P.E.I. mom still thankful for Make-a-Wish gift a decade after her daughter died of cancer
Victoria Walton | CBC News | Posted: August 30, 2024 11:28 PM | Last Updated: August 30
Sarah’s Place has been used by many children over the years, says Anne Van Donkersgoed
"I'm going so high," yells one girl to another across the air between their swings.
"Let's see who can go the highest," the other calls back.
The swing set they're playing on is part of Sarah's Place. These sisters never met the bubbly, blonde three-year-old the playground was named after — but they know it was Sarah's, and they know she was loved.
"When she was asked what she wanted, she said that she wanted this, she used to say 'a park at mine house.'" said Sarah's mother, Anne Van Donkersgoed, in an interview this week with CBC's Island Morning. "She didn't say 'my,' she said 'mine.' So I always call it her park at mine house."

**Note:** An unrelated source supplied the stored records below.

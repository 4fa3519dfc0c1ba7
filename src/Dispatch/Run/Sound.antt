-- ===== src/Dispatch/Run/Sound.antt =====
-- What holds of the dispatcher after any requests
-- (packages/dispatcher/stockstat_dispatcher/core.py).
use stock_statistic.Common.{ℕ, ◌<◌, sym, List, [], ◌∷◌, map}
use mathlib.Core.Path.{subst}
use stock_statistic.Common.Lists.{All}
use stock_statistic.Common.Text.{Text}
use stock_statistic.Common.Dict.{values}
use stock_statistic.Dispatch.Workers.{get_or, check_timeouts}
use stock_statistic.Dispatch.Workers.Consistent
use stock_statistic.Dispatch.Workers.Consistent.{AllConsistent}
use stock_statistic.Dispatch.State.{Outside, TaskEntry, Dispatcher}
use stock_statistic.Dispatch.Watch.{reassign_worker_tasks, reassign_all, check_round}
use stock_statistic.Dispatch.Watch.Release.{
  reassign_worker_tasks-IsValid, reassign_worker_tasks_lem, freed,
}
use stock_statistic.Common.{refl, arith}
use stock_statistic.Dispatch.Run.{
  new_dispatcher, Request, submitted, cancelled, registered, beaten, unregistered, asked, completed,
  failed, streamed, checked, step, run,
}
use stock_statistic.Dispatch.Run.Invariant.{IsBudgeted, IsSound, with_workers}
use stock_statistic.Dispatch.Run.Handlers.{
  submit-IsSound, cancel-IsSound, assign_task-IsSound, on_complete-IsSound, on_fail-IsSound,
  on_partial-IsSound,
}

-- A registration gives the worker at least one place.
abbrev pub HasPlaces : Request → Type 0
HasPlaces (registered fresh msg) = 0 < get_or 1 msg.concurrency
HasPlaces _ = Unit

freed-IsBudgeted :
    (worker_id : Text) (ts : List TaskEntry)
    → All IsBudgeted ts
    → All IsBudgeted (map (freed worker_id) ts)
freed-IsBudgeted worker_id [] h = tt
freed-IsBudgeted worker_id (t ∷ ts) h = (h.0, freed-IsBudgeted worker_id ts h.1)

reassign_worker_tasks-IsSound :
    (worker_id : Text) (d : Dispatcher) → IsSound d → IsSound (reassign_worker_tasks worker_id d)
unfolding reassign_worker_tasks
reassign_worker_tasks-IsSound worker_id d h = record {
  queue = reassign_worker_tasks-IsValid worker_id d h.queue;
  cache = h.cache;
  workers = h.workers;
  tasks =
      subst (All IsBudgeted) (sym (reassign_worker_tasks_lem worker_id d).0)
        (freed-IsBudgeted worker_id (values d.tasks) h.tasks);
  history = h.history;
}

reassign_all-IsSound : (ws : List Text) (d : Dispatcher) → IsSound d → IsSound (reassign_all ws d)
unfolding reassign_all
reassign_all-IsSound [] d h = h
reassign_all-IsSound (w ∷ ws) d h =
    reassign_all-IsSound ws (reassign_worker_tasks w d) (reassign_worker_tasks-IsSound w d h)

workers-IsSound :
    (e : Consistent.Event) (d : Dispatcher)
    → IsSound d
    → Consistent.HasPlaces e
    → IsSound (record d { workers = Consistent.step e d.workers })
workers-IsSound e d h p =
    with_workers d (Consistent.step e d.workers) h
      (Consistent.step-IsConsistent e d.workers p h.workers)

step-IsSound :
    (out : Outside) (now : ℕ) (r : Request) (d : Dispatcher)
    → HasPlaces r
    → IsSound d
    → IsSound (step out now r d)
unfolding step Consistent.step check_round
step-IsSound out now (submitted spec) d p h = submit-IsSound out now spec d h
step-IsSound out now (cancelled task_id) d p h = cancel-IsSound now task_id d h
step-IsSound out now (registered fresh msg) d p h =
    workers-IsSound (Consistent.registered fresh now msg) d h p
step-IsSound out now (beaten msg) d p h = workers-IsSound (Consistent.beaten now msg) d h tt
step-IsSound out now (unregistered wid) d p h = workers-IsSound (Consistent.unregistered wid) d h tt
step-IsSound out now (asked wid capabilities) d p h =
    assign_task-IsSound out now wid capabilities d h
step-IsSound out now (completed wid slice_id result) d p h =
    on_complete-IsSound out now wid slice_id result d h
step-IsSound out now (failed wid slice_id e) d p h = on_fail-IsSound now wid slice_id e d h
step-IsSound out now (streamed slice_id partial) d p h = on_partial-IsSound slice_id partial d h
step-IsSound out now checked d p h =
    reassign_all-IsSound (check_timeouts now d.workers).0 _
      (workers-IsSound (Consistent.checked now) d h tt)

abbrev pub AllHavePlaces : List (ℕ × Request) → Type 0
AllHavePlaces rs = All HasPlaces (map (λ (r : ℕ × Request). r.1) rs)

-- Where each registration gives at least one place, any requests and rounds of the check leave
-- the queue valid, the cache's account of its size right, each worker's status in agreement with
-- its counts, each task retried at most three times, and the history within its bound.
pub run-IsSound :
    (out : Outside) (rs : List (ℕ × Request)) (d : Dispatcher)
    → AllHavePlaces rs
    → IsSound d
    → IsSound (run out rs d)
unfolding run
run-IsSound out [] d p h = h
run-IsSound out ((now, r) ∷ rs) d p h =
    run-IsSound out rs (step out now r d) p.1 (step-IsSound out now r d p.0 h)

-- A new dispatcher is sound.
pub new_dispatcher-IsSound :
    (cache_size_mb offline_timeout : ℕ) → IsSound (new_dispatcher cache_size_mb offline_timeout)
unfolding new_dispatcher
new_dispatcher-IsSound cache_size_mb offline_timeout = record {
  queue = omega arith;
  cache = record { unique = tt; total = refl };
  workers = tt;
  tasks = tt;
  history = omega arith;
}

The play set was built 10 years ago as part of Sarah's request through the Children's Wish Foundation, now called the Make-a-Wish Foundation.
Sarah had cancer and her health was declining. She died about six months after the play set was built in the backyard. But she and her older sisters made the most of it while they could.
"Everybody that came to the house last summer, it would be like, 'Come push, come push.' And she'd be dragging them outside to push," Van Donkersgoed said of Sarah in a 2015 interview with CBC News.
"And as she got sicker in the fall, she would take a chair and sit a chair next to the swings and she'd say 'push Emma, push Gracie,' and she would watch."
Ten years later, the results of Sarah's wish are still bringing joy to the children who continue to make use of the playground.
"It wasn't just for her, because it's been here for 10 years and so many kids have played in it," Van Donkersgoed said this week.
"I didn't realize in the beginning that that would be the legacy."
The impact of Sarah's wish on our lives in the moment and since then has been so great. — Anne Van Donkersgoed
In 2015, just a few months after Sarah died, Van Donkersgoed decided to hold a party as a way of giving back to Make-a-Wish and the community that had done so much for her family.
"I don't know how to convey how much that meant to our family. I don't know how to say, it was so big and they did it so quickly, and so kindly," she told CBC at the time.
There were pink flowers, pink lemonade and pink ice cream. In the end, the party raised $3,000, and many children got a chance to play at Sarah's Place.
Looking back at that time now, Van Donkersgoed is amazed at her strength, especially considering it was so soon after Sarah's death.
But she also gained strength from the experience.
"A couple of years after Sarah died, we were helping out a family that had three young children and their dad was having his own battle with cancer," she said.
"And sometimes I'd be sitting there watching them laugh and play outside. And I'm thinking, this is only because of Sarah that we have that."
Van Donkersgoed's two eldest daughters are now teenagers. They play sports and ride horses, and don't remember a lot about Sarah.
But they know how important she is to their family.
Van Donkersgoed and her daughter Emma will be taking part in a charity golf tournament next month to raise money for Make-a-Wish P.E.I. She also has plans to release a book in the fall about Sarah's life.
"The impact of Sarah's wish on our lives in the moment and since then has been so great," she said. "I want to honour the organization by telling our story.
"But also by telling our story, hopefully prompting people to give so that other kids can have a wish."